2. **GPU client:** a `GpuDraftEngine` that POSTs rendered CoT prompts (the whole batch) to `do-gpu-<model>_<build>`'s inference endpoint (env `GPU_INFERENCE_URL`), behind an **on-demand GPU lifecycle manager**: provision when work arrives, keep warm while the queue stays deep, release after a short idle grace. Selected when `draft_engine` matches `do-gpu-*`.
3. **Workflow store + builder:** persist workflows (own DB, versioned) + author/edit surface (panel or config) + bind to engine builds; wire corrections as per-build tuning data.
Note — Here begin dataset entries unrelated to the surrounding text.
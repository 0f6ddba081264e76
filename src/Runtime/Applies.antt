-- ===== src/Runtime/Applies.antt =====
-- internal/runtime/apply.go. An error is its format; `none` is nil.
pub mod Steps
pub mod Atomic
pub mod Done
pub mod Entries
pub mod Recorded
use sbox_manager.Common.{
  List, Option, Outcome, String, [], failure, false, has, if◌then◌else◌, insert, keep, map, none,
  not, some, success, true, ◌++◌, ◌∷◌,
}
use sbox_manager.Runtime.Manifests.{is_path_under, sort_manifest_files}
use sbox_manager.Runtime.Model.{
  ApplyResult, Change, Codec, DesiredFile, Disk, ManifestFile, Plan, RuntimeManifest, after_change,
  before_change, create, delete, disk_after, disk_with, disk_without, manifest_schema_name,
  manifest_version_number, next_fault, no_change, update,
}
use sbox_manager.Runtime.Plans.{by_relative, files_of, has_changes, in_target_scope, text_at}

module _ {B : Type 0} where
  -- `writeFileAtomic`: the file is replaced whole, by a rename; what fails before that leaves the
  -- old file, what fails after it (the owner, the directory's entry) the new one.
  unfoldable pub write_file_atomic : String → B → Disk B → Disk B × Option String
  write_file_atomic path b disk = elim (next_fault disk.faults) [
    | none ↦ (disk_with path b disk, none)
    | some fault ↦ elim fault [
      | before_change ↦ (disk_after disk, some "replace file %s: %w")
      | after_change ↦ (disk_with path b disk, some "sync directory %s: %w")
    ]
  ]

  unfoldable pub remove_managed_file : String → String → Disk B → Disk B × Option String
  remove_managed_file path generated disk =
      if not (is_path_under generated path)
      then (disk, some "refuse to delete file outside generated directory: %s")
      else elim (next_fault disk.faults) [
        | none ↦ (disk_without path disk, none)
        | some fault ↦ elim fault [
          | before_change ↦ (disk_after disk, some "delete generated file %s: %w")
          | after_change ↦ (disk_without path disk, some "sync directory %s: %w")
        ]
      ]

  -- One round of the loop of `ApplyPlan`.
  unfoldable pub apply_change : String → Change B → Disk B → Disk B × Option String
  apply_change generated change disk = elim change.action [
    | create ↦ write_file_atomic change.file.path change.contents disk
    | update ↦ write_file_atomic change.file.path change.contents disk
    | delete ↦ remove_managed_file change.file.path generated disk
    | no_change ↦ (disk, none)
  ]

  -- The loop: it ends at the first error.
  unfoldable pub apply_changes : String → List (Change B) → Disk B → Disk B × Option String
  apply_changes generated [] disk = (disk, none)
  apply_changes generated (c ∷ cs) disk =
      let (one_step, error) = apply_change generated c disk in
      elim error [ some e ↦ (one_step, some e) | none ↦ apply_changes generated cs one_step ]

-- The hashes of the manifest that are out of the scope.
unfoldable pub kept_hashes : List String → List (String × String) → List (String × String)
kept_hashes scope [] = []
kept_hashes scope ((k, v) ∷ m) =
    let rest = kept_hashes scope m in if has scope k then rest else (k, v) ∷ rest

-- `buildAppliedManifest`: first the files and hashes that are kept, then those of the plan.
module _ {B : Type 0} where
  unfoldable pub kept_files : Plan B → List ManifestFile
  kept_files plan =
      if plan.full_scope
      then []
      else keep
          (λ (f : ManifestFile).
            not (in_target_scope plan.full_scope plan.target_scope f.instance_name))
          (files_of plan.existing)

  unfoldable pub old_hashes : Plan B → List (String × String)
  old_hashes plan = if plan.full_scope then [] else elim plan.existing [
    | none ↦ []
    | some m ↦ kept_hashes plan.target_scope (elim m.instance_sha256 [ none ↦ [] | some h ↦ h ])
  ]

  unfoldable pub put_hashes :
      List (String × String)
      → List (DesiredFile B)
      → List (String × String)
      → List (String × String)
  put_hashes hashes [] m = m
  put_hashes hashes (d ∷ ds) m =
      put_hashes hashes ds (insert d.file.instance_name (text_at d.file.instance_name hashes) m)

  abbrev pub file_of : DesiredFile B → ManifestFile
  file_of d = d.file

  unfoldable pub applied_files : Plan B → List ManifestFile
  applied_files plan =
      map (λ (e : String × ManifestFile). e.1)
        (by_relative [] (kept_files plan ++ map file_of plan.desired_files))

  unfoldable pub build_applied_manifest : Plan B → String → RuntimeManifest
  build_applied_manifest plan generated_at = record {
    manifest_schema = manifest_schema_name;
    manifest_version = manifest_version_number;
    config_sha256 = plan.config_sha256;
    instance_sha256 = some (put_hashes plan.instance_sha256 plan.desired_files (old_hashes plan));
    generated_at = generated_at;
    files = sort_manifest_files (applied_files plan);
  }

module _ {B : Type 0} (codec : Codec B) where
  -- `writeManifest`.
  unfoldable pub write_manifest : String → RuntimeManifest → Disk B → Disk B × Option String
  write_manifest path manifest disk = write_file_atomic path (codec.encode_manifest manifest) disk

  -- `ApplyPlan`; the clock gives the text of the time.
  unfoldable pub apply_plan : Plan B → String → Disk B → Disk B × Outcome ApplyResult
  apply_plan plan now disk =
      let manifest = build_applied_manifest plan now in
      if not (has_changes plan)
      then (disk, success (record { manifest = plan.existing; changed = false }))
      else let (changed_disk, error) = apply_changes plan.generated_dir plan.changes disk in
        elim error [
          | some e ↦ (changed_disk, failure e)
          | none ↦
              let (last, e) = write_manifest plan.manifest_path manifest changed_disk in
              (
                last,
                elim e [
                  | some text ↦ failure text
                  | none ↦ success (record { manifest = some manifest; changed = true })
                ],
              )
        ]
4. **Tuning loop:** export `prospect_corrections` per engine build → fine-tune/eval → publish next `do-gpu-<model>_<build>` → flip `draft_engine`.
## Open scope (confirm before building step 3)
- Workflow authoring: DB-backed builder UI in the panel, vs config files in-repo, vs both?
- Granularity: one workflow per templateKey, or per (archetype × state)?
- Does classification also move to a CoT workflow on the GPU, or stay fast-rules + atom-extraction?